## [Information supplied]
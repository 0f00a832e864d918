-- ===== src/Threads/Links/Adjacent.antt =====
-- The router links are the edges of the mesh, each once.
use golem_riscv_sim.Partition.Mesh.Neighbours.{mesh_adjacency-IsAdjacent}
use golem_riscv_sim.Partition.Mesh.{mesh_adjacency}
use mathlib.Core.Path.{ap₂}
use native.Mathlib.Decide.{dec_lt}
use native.Mathlib.Nat.{div-add-mod', div-lt_iff_lt-mul, mul_comm}
use golem_riscv_sim.Threads.Links.{
  links_of_rows, router_links, at_other, at_own, has_link, has_link-append, linked_at, links_of_row,
  router_links_at,
}
use golem_riscv_sim.Threads.Split.Paint.{tile, tile_test}
use golem_riscv_sim.Common.{
  Bool-eq, ◌↔◌, ◌⊎◌, [], contains, get_or, ◌%◌, ◌*◌, ◌/◌, Bool, false, true, ◌||◌, Bool-cases,
  arith, inl, inr, leb, ltb, suc, zero, ℕ, ◌&&◌, ◌+◌, ◌<◌, ◌==◌, ◌∙◌, ◌≡◌, ◌≤◌,
}

own_step :
    (r c left : ℕ) (p : Bool)
    → (p || r == r && (leb (suc c) c && ltb c (suc c + left)) && p)
      ≡ (r == r && (leb c c && ltb c (c + suc left)) && p)
own_step r c left p = ground arith

other_step :
    (y r x c left : ℕ) (p : Bool)
    → (y == r && x == c) ≡ false
    → (false || y == r && (leb (suc x) c && ltb c (suc x + left)) && p)
      ≡ (y == r && (leb x c && ltb c (x + suc left)) && p)
other_step y r x c left p h = ground arith

-- A row of links.
row_links :
    (x_dim y_dim y x left r c b : ℕ)
    → c < x_dim
    → x + left ≤ x_dim
    → has_link (links_of_row x_dim y_dim y x left) (tile x_dim y_dim c r) b
      ≡ (y == r && (leb x c && ltb c (x + left)) && linked_at x_dim y_dim r c b)
unfolding has_link links_of_row
row_links x_dim y_dim y x zero r c b hc fits = ground arith
row_links x_dim y_dim y x (suc left) r c b hc fits =
    let here = router_links_at x_dim y_dim y x in
    let rest = row_links x_dim y_dim y (suc x) left r c b hc (omega arith) in
    let test = tile_test x_dim y_dim c r x y hc (omega arith) in
    let split =
      has_link-append here (links_of_row x_dim y_dim y (suc x) left) (tile x_dim y_dim c r) b in
    split ∙ elim (Bool-cases (y == r && x == c)) [
      | inl same ↦
          let row : y ≡ r = ground arith in
          let column : x ≡ c = ground arith in
          let own = at_own x_dim y_dim r c b in
          rw (rest, row, column, own) (own_step r c left (linked_at x_dim y_dim r c b))
      | inr apart ↦
          let other = at_other x_dim y_dim y x (tile x_dim y_dim c r) b (λ e.
            let equal : (tile x_dim y_dim x y == tile x_dim y_dim c r) ≡ true = ground arith in
            cc (test, equal, apart)) in
          rw (other, rest) (other_step y r x c left (linked_at x_dim y_dim r c b) apart)
    ]

all_links :
    (x_dim y_dim y left r c b : ℕ)
    → c < x_dim
    → has_link (links_of_rows x_dim y_dim y left) (tile x_dim y_dim c r) b
      ≡ ((leb y r && ltb r (y + left)) && linked_at x_dim y_dim r c b)
unfolding has_link links_of_rows
all_links x_dim y_dim y zero r c b hc = ground arith
all_links x_dim y_dim y (suc left) r c b hc =
    let row = links_of_row x_dim y_dim y 0 x_dim in
    let split =
      has_link-append row (links_of_rows x_dim y_dim (suc y) left) (tile x_dim y_dim c r) b in
    let first = row_links x_dim y_dim y 0 x_dim r c b hc (omega arith) in
    let rest = all_links x_dim y_dim (suc y) left r c b hc in
    split ∙ ap₂ ◌||◌ first rest ∙ rows_of_links y r c x_dim left (linked_at x_dim y_dim r c b) hc
  where
    rows_of_links :
        (y r c x_dim left : ℕ) (p : Bool)
        → c < x_dim
        → ((y == r && (leb 0 c && ltb c (0 + x_dim)) && p)
            || (leb (suc y) r && ltb r (suc y + left)) && p)
          ≡ ((leb y r && ltb r (y + suc left)) && p)
    rows_of_links y r c x_dim left p h = ground arith

-- Links by coordinates: one step up in a column, or one step right in a row.
pub router_links-eq :
    (x_dim y_dim c r c' r' : ℕ)
    → c < x_dim
    → r < y_dim
    → c' < x_dim
    → r' < y_dim
    → has_link (router_links x_dim y_dim) (tile x_dim y_dim c r) (tile x_dim y_dim c' r')
      ≡ ((suc r == r' && c == c') || (r == r' && suc c == c'))
unfolding router_links
router_links-eq x_dim y_dim c r c' r' hc hr hc' hr' =
    let b = tile x_dim y_dim c' r' in
    let above : r * x_dim + c + x_dim ≡ tile x_dim y_dim c (suc r) = grind arith in
    let up : (b == r * x_dim + c + x_dim) ≡ (r' == suc r && c' == c) =
      rw above (tile_test x_dim y_dim c (suc r) c' r' hc hc') in
    let right : (ltb (c + 1) x_dim && b == r * x_dim + c + 1) ≡ (r == r' && suc c == c') =
      elim (dec_lt (c + 1) x_dim) [
        | yes inside ↦
            let next : r * x_dim + c + 1 ≡ tile x_dim y_dim (suc c) r = omega arith in
            let test = tile_test x_dim y_dim (suc c) r c' r' (omega arith) hc' in
            let read : ltb (c + 1) x_dim ≡ true = ground arith in
            rw (read, next, test) (ground arith)
        | no edge ↦ ground arith
      ] in
    all_links x_dim y_dim 0 y_dim r c b hc
    ∙ rw (up, right) (bounded r r' c c' y_dim (r == r' && suc c == c') hr hr')
  where
    bounded :
        (r r' c c' y_dim : ℕ) (p : Bool)
        → r < y_dim
        → r' < y_dim
        → ((leb 0 r && ltb r (0 + y_dim)) && ((ltb (r + 1) y_dim && (r' == suc r && c' == c)) || p))
          ≡ ((suc r == r' && c == c') || p)
    bounded r r' c c' y_dim p hr hr' = ground arith

-- Rows and columns of a tile number.
coordinates :
    (x_dim y_dim a : ℕ)
    → a < x_dim * y_dim
    → (a % x_dim < x_dim) × (a / x_dim < y_dim) × (tile x_dim y_dim (a % x_dim) (a / x_dim) ≡ a)
coordinates x_dim y_dim a h =
    let wide : 0 < x_dim = grind arith in
    let whole = div-add-mod' a x_dim in
    let (low, high) = div-lt_iff_lt-mul {k = x_dim} {x = a} {y = y_dim} wide in
    let turned = mul_comm x_dim y_dim in (omega arith, high (omega arith), whole)

-- One step up or right from either tile.
neighbor_test :
    (ra rb ca cb : ℕ)
    → ((((suc ra == rb && ca == cb) || (ra == rb && suc ca == cb))
          || ((suc rb == ra && cb == ca) || (rb == ra && suc cb == ca)))
        ≡ true)
      ↔ ((ra ≡ rb) × ((ca + 1 ≡ cb) ⊎ (cb + 1 ≡ ca)) ⊎ (ca ≡ cb) × ((ra + 1 ≡ rb) ⊎ (rb + 1 ≡ ra)))
neighbor_test ra rb ca cb = (λ e. ground arith, λ e. ground arith)

-- Two tiles of the mesh are linked by connect_mesh, in one direction or the other, exactly if
-- the mesh_adjacency of the work partition lists the second as a neighbour of the first.
pub router_links-eq-mesh_adjacency :
    (x_dim y_dim a b : ℕ)
    → a < x_dim * y_dim
    → b < x_dim * y_dim
    → (has_link (router_links x_dim y_dim) a b || has_link (router_links x_dim y_dim) b a)
      ≡ contains (get_or (mesh_adjacency y_dim x_dim) a []) b
router_links-eq-mesh_adjacency x_dim y_dim a b ha hb =
    let (ca, ra, ea) = coordinates x_dim y_dim a ha in
    let (cb, rb, eb) = coordinates x_dim y_dim b hb in
    let turned = mul_comm x_dim y_dim in
    let (sound, complete) = mesh_adjacency-IsAdjacent y_dim x_dim a b (omega arith) (omega arith) in
    let forth =
      router_links-eq x_dim y_dim (a % x_dim) (a / x_dim) (b % x_dim) (b / x_dim) ca ra cb rb in
    let back =
      router_links-eq x_dim y_dim (b % x_dim) (b / x_dim) (a % x_dim) (a / x_dim) cb rb ca ra in
    let test = neighbor_test (a / x_dim) (b / x_dim) (a % x_dim) (b % x_dim) in
    rw (rw (ea, eb) at forth, rw (ea, eb) at back)
      (Bool-eq _ _ (λ e. complete (test.0 e)) (λ e. test.1 (sound e)))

## [Problem details]
What lines hold the string "coordinates"? Pick them out of the data.

## [Solution for this exercise]
-- Links by coordinates: one step up in a column, or one step right in a row.
coordinates :
coordinates x_dim y_dim a h =
    let (ca, ra, ea) = coordinates x_dim y_dim a ha in
    let (cb, rb, eb) = coordinates x_dim y_dim b hb in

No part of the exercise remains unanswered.